Wednesday, 10 February 20103 min read

Last month’s severe weather led to a three per cent drop in passengers using BAA airports such as Heathrow.
Without the weather disruption, the airports operator estimated the drop would have been 0.3% rather than 3.1%.
The decline meant BAA handled 7.2 million passengers in January.
Heathrow saw a 0.5% drop in passengers compared to last January. Without the bad weather causing the loss of around 145,000 passengers at the airport, traffic would have grown by an estimated 2.5%, according to BAA.
The decline at Stansted was 5.6%; at Southampton 9.7%; Glasgow 12.2%; Edinburgh 7.4%; Aberdeen 13.6%.
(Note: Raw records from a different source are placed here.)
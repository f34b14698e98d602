-- ===== src/Auth/Tests.antt =====
-- Runs of the set-up, of logins and of sessions, and their theorems at concrete inputs. The
-- password functions are a toy that meets what is documented of the real ones.
use back_orbit.Base.{
  ℕ, ◌+◌, ◌-◌, ◌≡◌, ◌≢◌, ◌≤◌, ◌<◌, Any, refl, false, true, none, some, [], ◌∷◌, map, arith, Bytes,
  codes, ok, err, if◌then◌else◌, ◌==◌, length, ltb, trim_space, All,
}
use back_orbit.Base.Text.{ne_of_bytes_beq, bytes_eq, bytes_beq, trim_left, trim_right}
use back_orbit.Secrets.Toy.{fit, fit-length}
use back_orbit.Auth.RateLimit.{new_login_rate_limiter, login_window, login_max_backoff, allow}
use back_orbit.Base.Assoc.{lookup}
use back_orbit.Auth.Password.{
  Library, dollar, hash_password, verify_password, default_params, version, decode_hash, split,
  six_parts, key_length,
}
use back_orbit.Auth.Session.{
  Row, create, insert_row, find_hash, has_id, validate, judge, delete, delete_hash, delete_expired,
}
use back_orbit.Auth.Session.Expiry.{delete_expired-exact, second}
use back_orbit.Auth.Users.{
  Account, User, create_user, has_any_user, insert_user, authenticate, get_by_id, find_name,
  find_user, invalid_credentials, user_already_set_up,
}
use back_orbit.Auth.Users.Administrator.{authenticate-create_user}
use back_orbit.Auth.Requests.{
  Server, World, login, logout, session, setup_admin, setup_named, first_session, start_session,
  authorized, require_session, handle_logout, session_of_user, unauthenticated,
}
use back_orbit.Auth.Requests.Lifecycle.{session-login, session-logout}
use back_orbit.Auth.Requests.Setup.{setup_admin_once}

shift : Bytes → Bytes
shift = map (λ c. 37 + c)

unshift : Bytes → Bytes
unshift = map (λ c. c - 37)

unshift-shift : (b : Bytes) → some (unshift (shift b)) ≡ some b
unfolding shift unshift
unshift-shift [] = refl
unshift-shift (c ∷ b) = ground (arith, unshift-shift b)

shift_plain : (b : Bytes) → All (λ c. c ≢ dollar) (shift b)
unfolding shift
shift_plain [] = tt
shift_plain (c ∷ b) = (λ e. omega (arith, e), shift_plain b)

unfoldable toy : Library
unfolding shift unshift
toy = record {
  id_key = λ p s q n. fit n p;
  encode = shift;
  decode = λ b. some (unshift b);
  scan_version = λ s. if s == codes "v=19" then some version else none;
  scan_params = λ s. if s == codes "m=65536,t=3,p=2" then some default_params else none;
  length-id_key = λ p s q n. fit-length n p;
  decode-encode = unshift-shift;
  encode_plain = shift_plain;
  scan_version_19 = unfold bytes_beq in refl;
  scan_params_default = unfold bytes_beq in refl;
}

world : ℕ → World
world t = record {
  allow_now = t;
  failure_now = t;
  users = record {
    now = t;
    uuid = codes "u-1";
    random = some (codes "salt");
    count_fails = false;
    insert_fails = false;
    query_fails = false;
  };
  session = record {
    now = t;
    uuid = codes "s-1";
    new_token = some (codes "tok");
    fails = false;
    cleanup_fails = false;
  };
}

abbrev digest : Bytes → Bytes
digest b = 7 ∷ b

empty : Server
unfolding new_login_rate_limiter
empty = record {
  limiter = new_login_rate_limiter 5 login_window login_max_backoff;
  accounts = [];
  sessions = record { rows = []; ttl = 1000 };
  emitted = [];
}

abbrev ip : Bytes
ip = codes "10.0.0.1"

abbrev password : Bytes
password = codes "twelve bytes"

abbrev admin : User
admin = record { id = codes "u-1"; username = codes "admin"; created_at = 5; updated_at = 5 }

-- Set up at 5 by a name with spaces round it.
installed : Server
unfolding setup_admin setup_named first_session create insert_row has_id find_hash world empty
    trim_left trim_right create_user has_any_user insert_user hash_password toy find_name find_user
    bytes_beq
installed = (setup_admin toy digest (world 5) ip [] (codes " admin ") password empty).1

setup_admin_once_example :
    (empty.accounts ≡ [])
    × (admin.username ≡ trim_space (codes " admin "))
    × (3 ≤ length (trim_space (codes " admin ")))
    × (length (trim_space (codes " admin ")) ≤ 64)
    × (12 ≤ length password)
    × ((w' : World) (ip' agent' username' password' : Bytes)
        → (setup_admin toy digest w' ip' agent' username' password' installed).1 ≡ installed)
unfolding installed
setup_admin_once_example =
    setup_admin_once toy digest (world 5) ip [] (codes " admin ") password (codes "tok") 1005 admin
      empty installed refl

abbrev account : Account
unfolding hash_password toy
account = record {
  user = admin;
  password_hash = elim (hash_password toy (some (codes "salt")) password) [ ok h ↦ h | err _ ↦ [] ];
}

authenticate-create_user_example :
    (authenticate toy (world 9).users (codes "admin") password (account ∷ []) ≡ (
      if toy.id_key password (codes "salt") default_params key_length
        == toy.id_key password (codes "salt") default_params key_length
      then ok admin
      else err invalid_credentials))
    × ((name : Bytes)
        → name ≢ codes "admin"
        → authenticate toy (world 9).users name password (account ∷ []) ≡ err invalid_credentials)
    × (get_by_id (world 9).users admin.id (account ∷ []) ≡ ok admin)
    × ((name : Bytes)
        → create_user toy (world 9).users name password (account ∷ []) ≡ err user_already_set_up)
unfolding installed
authenticate-create_user_example =
    authenticate-create_user toy (world 5).users (world 9).users (codes "admin") password password
      [] (account ∷ []) admin (codes "salt") refl refl refl refl

-- A login at 20, with a token of its own.
login_world : World
unfolding world
login_world = record (world 20) {
  session = record {
    now = 20;
    uuid = codes "s-2";
    new_token = some (codes "tok2");
    fails = false;
    cleanup_fails = false;
  };
}

entered : Server
unfolding login start_session login_world installed authenticate verify_password decode_hash split
    six_parts allow lookup fit
entered = (login toy digest login_world ip [] (codes "admin") password installed).1

session-login_example :
    (1020 ≡ 20 + installed.sessions.ttl)
    × (ltb 1020 1020 ≡ false
        → session toy digest (world 1020) (codes "tok2") entered
          ≡ (session_of_user admin 1020, entered))
    × (ltb 1020 1020 ≡ true
        → (session toy digest (world 1020) (codes "tok2") entered).0 ≡ unauthenticated)
unfolding entered
session-login_example =
    session-login toy digest login_world (world 1020) ip [] (codes "admin") password (codes "tok2")
      1020 admin installed entered refl (omega arith) (ne_of_bytes_beq _ _ refl) refl refl

left : Server
unfolding logout authorized require_session handle_logout validate judge delete delete_hash entered
    get_by_id
left = (logout toy digest (world 30) (world 31) (codes "tok2") entered).1

session-logout_example :
    ((session toy digest (world 40) (codes "tok2") left).0 ≡ unauthenticated)
    × ((session toy digest (world 40) (codes "tok") left).0
        ≡ (session toy digest (world 40) (codes "tok") entered).0)
unfolding left
session-logout_example =
    session-logout toy digest (world 30) (world 31) (world 40) (codes "tok2") (codes "tok") entered
      left refl refl refl (ne_of_bytes_beq _ _ refl)

-- The other session is still good.
other_session : (session toy digest (world 40) (codes "tok") left).0 ≡ session_of_user admin 1005
unfolding left session
other_session = refl

delete_expired-exact_example :
    let (answer, t) = delete_expired (world 2_000_000_000).session entered.sessions in
    All (λ r. second 2_000_000_000 ≤ second r.expires_at) t.rows
    × ((r : Row)
        → second 2_000_000_000 < second r.expires_at
        → Any (λ x. x ≡ r) entered.sessions.rows
        → Any (λ x. x ≡ r) t.rows)
    × ((n : ℕ) × (answer ≡ ok n) × (n + length t.rows ≡ length entered.sessions.rows))
unfolding world
delete_expired-exact_example =
    delete_expired-exact (world 2_000_000_000).session entered.sessions refl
At each airport a significant part of the drop can be attributed to the snow, BAA said.
As in December, Glasgow and Edinburgh were also impacted by the collapse of the airline Flyglobespan.
North Atlantic traffic was down 3.8% and scheduled European traffic was down 0.3%.
There were rises travel to South America (9.6%) and in the Middle East (9.5%).
BAA chief executive Colin Matthews said: "There is no doubt that the market remains a difficult one, and certainly the snow didn’t help, but, equally, there are encouraging signs of growth, particularly on the routes out of Heathrow to the Middle East and South America, as well as cargo.
“This once again underlines Heathrow’s role as the UK’s only hub airport."